[Dataset — start]

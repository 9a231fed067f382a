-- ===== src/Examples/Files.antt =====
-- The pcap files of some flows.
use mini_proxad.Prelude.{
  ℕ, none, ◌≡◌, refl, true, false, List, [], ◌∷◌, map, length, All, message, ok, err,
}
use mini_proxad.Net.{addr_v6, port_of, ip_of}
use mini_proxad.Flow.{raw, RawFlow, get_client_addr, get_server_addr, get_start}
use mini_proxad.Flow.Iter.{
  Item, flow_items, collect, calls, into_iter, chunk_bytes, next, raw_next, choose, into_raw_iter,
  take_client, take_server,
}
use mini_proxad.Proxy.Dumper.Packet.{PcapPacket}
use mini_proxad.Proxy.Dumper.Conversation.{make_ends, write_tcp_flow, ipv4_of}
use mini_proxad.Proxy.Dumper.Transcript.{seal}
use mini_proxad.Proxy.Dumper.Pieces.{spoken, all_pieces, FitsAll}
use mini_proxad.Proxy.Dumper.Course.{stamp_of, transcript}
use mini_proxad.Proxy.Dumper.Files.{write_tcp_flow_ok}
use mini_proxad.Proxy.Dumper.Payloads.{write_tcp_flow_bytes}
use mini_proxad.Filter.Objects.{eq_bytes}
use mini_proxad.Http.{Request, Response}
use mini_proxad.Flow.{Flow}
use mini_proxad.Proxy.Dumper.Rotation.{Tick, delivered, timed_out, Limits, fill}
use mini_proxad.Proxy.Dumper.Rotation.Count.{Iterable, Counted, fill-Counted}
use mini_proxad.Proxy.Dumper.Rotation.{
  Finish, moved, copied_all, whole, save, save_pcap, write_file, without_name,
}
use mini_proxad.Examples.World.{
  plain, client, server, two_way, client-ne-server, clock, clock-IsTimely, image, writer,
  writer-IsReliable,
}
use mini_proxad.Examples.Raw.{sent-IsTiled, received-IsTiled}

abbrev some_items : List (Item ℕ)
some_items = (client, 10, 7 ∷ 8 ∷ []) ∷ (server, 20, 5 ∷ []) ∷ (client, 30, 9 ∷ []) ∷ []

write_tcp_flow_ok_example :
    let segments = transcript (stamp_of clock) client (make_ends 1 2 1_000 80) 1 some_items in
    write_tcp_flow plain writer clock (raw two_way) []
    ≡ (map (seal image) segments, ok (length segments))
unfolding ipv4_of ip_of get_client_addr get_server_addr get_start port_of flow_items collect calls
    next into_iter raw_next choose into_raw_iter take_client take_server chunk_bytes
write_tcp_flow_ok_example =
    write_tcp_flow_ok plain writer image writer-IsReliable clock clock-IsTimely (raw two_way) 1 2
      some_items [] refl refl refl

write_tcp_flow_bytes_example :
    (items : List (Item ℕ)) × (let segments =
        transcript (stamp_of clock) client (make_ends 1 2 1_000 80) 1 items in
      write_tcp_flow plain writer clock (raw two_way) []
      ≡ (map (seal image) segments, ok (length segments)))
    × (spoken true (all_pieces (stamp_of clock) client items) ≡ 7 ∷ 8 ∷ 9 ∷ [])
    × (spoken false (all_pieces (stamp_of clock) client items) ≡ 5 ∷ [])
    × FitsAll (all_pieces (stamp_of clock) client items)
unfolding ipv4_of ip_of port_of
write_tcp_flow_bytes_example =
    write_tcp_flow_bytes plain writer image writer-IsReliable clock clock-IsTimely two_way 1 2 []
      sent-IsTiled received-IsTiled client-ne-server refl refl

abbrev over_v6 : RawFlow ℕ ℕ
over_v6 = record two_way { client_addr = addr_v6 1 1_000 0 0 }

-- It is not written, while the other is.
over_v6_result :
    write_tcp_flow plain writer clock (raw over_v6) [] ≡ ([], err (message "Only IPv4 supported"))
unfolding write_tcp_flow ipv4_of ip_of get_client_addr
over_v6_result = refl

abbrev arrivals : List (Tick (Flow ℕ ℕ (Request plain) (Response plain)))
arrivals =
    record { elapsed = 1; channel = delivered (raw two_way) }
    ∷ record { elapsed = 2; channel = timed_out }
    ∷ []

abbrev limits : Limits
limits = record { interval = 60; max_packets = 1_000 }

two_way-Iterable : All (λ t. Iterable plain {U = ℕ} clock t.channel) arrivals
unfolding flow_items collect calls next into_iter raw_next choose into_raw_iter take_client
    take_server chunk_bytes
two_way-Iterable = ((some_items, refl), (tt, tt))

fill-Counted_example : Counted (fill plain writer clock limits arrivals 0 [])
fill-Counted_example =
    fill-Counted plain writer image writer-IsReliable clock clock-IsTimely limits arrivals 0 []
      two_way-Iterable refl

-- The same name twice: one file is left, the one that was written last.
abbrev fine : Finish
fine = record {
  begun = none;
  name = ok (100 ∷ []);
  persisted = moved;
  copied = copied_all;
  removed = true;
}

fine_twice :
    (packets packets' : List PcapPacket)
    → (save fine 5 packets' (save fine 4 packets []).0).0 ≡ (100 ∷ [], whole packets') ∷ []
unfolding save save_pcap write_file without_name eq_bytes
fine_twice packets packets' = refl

[Dataset — finish]

**What the exercise asks**
Determine how many lines above have the string "true" and output nothing besides the count.

**Result**
3